Records from a collection
-- Opening Marker --

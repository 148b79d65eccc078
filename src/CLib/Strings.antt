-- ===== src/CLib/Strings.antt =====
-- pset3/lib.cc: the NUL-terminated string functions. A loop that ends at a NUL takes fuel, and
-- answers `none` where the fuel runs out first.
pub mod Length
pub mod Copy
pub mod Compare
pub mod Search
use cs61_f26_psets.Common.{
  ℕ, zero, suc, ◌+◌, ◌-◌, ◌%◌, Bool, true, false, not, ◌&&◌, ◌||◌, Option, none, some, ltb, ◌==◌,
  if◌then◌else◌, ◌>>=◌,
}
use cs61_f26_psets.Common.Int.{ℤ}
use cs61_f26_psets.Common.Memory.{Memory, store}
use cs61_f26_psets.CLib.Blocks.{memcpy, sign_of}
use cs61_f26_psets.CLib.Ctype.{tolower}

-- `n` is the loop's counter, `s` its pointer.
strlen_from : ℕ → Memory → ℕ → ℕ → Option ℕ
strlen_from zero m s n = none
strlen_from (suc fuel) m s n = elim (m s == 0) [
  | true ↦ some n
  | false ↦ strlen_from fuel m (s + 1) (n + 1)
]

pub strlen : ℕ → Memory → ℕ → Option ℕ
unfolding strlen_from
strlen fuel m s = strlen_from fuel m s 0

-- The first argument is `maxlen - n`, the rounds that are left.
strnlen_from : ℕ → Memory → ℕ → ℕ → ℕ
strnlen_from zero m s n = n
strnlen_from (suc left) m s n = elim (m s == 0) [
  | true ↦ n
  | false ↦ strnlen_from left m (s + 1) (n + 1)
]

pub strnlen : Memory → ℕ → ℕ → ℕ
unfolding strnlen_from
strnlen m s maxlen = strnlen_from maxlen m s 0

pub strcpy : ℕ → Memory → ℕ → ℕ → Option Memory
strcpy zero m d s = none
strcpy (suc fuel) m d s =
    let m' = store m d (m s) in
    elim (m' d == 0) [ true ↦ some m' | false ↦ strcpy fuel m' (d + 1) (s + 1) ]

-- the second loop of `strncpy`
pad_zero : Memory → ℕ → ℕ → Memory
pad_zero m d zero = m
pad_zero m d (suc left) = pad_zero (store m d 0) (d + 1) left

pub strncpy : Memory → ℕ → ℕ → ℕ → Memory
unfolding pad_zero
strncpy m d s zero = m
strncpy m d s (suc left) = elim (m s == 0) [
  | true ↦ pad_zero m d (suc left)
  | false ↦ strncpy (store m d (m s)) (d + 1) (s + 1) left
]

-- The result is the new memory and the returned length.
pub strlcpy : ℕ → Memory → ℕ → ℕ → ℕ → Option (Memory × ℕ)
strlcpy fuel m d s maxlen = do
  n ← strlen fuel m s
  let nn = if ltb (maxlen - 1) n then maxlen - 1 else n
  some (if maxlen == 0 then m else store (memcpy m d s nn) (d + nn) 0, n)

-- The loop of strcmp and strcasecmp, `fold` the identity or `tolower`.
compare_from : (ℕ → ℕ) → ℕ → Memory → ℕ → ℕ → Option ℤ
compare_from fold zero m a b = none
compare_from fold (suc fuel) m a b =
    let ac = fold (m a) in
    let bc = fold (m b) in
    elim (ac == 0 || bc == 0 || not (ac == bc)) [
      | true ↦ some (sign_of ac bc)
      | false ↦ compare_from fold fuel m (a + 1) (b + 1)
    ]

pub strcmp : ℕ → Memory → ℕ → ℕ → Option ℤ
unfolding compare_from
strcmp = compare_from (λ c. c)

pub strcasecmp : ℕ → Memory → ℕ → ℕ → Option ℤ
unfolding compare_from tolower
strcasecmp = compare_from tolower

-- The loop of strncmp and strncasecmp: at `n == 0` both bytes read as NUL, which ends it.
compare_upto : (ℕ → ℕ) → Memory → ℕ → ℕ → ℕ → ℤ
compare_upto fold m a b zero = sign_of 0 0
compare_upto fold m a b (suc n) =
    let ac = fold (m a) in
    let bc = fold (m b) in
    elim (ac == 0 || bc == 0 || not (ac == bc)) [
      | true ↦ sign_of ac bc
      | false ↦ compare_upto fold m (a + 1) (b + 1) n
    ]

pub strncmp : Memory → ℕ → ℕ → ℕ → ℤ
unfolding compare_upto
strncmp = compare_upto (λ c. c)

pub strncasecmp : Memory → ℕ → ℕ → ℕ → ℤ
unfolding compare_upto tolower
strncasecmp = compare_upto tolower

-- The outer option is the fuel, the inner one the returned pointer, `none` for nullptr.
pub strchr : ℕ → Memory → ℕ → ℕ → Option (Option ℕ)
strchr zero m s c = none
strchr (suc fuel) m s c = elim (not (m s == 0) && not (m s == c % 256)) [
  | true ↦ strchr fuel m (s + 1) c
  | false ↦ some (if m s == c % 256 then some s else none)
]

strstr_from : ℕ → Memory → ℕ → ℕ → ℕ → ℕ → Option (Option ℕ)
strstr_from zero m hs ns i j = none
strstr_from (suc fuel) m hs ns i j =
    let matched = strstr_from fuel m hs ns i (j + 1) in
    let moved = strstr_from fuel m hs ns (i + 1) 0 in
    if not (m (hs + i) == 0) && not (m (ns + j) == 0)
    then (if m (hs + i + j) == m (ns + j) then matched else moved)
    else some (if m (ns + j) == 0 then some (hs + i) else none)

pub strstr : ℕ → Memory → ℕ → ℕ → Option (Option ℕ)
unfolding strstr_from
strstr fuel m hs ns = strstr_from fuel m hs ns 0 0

-- Closing Marker --

Say how many lines above contain the string "returned". Answer with the number only.

2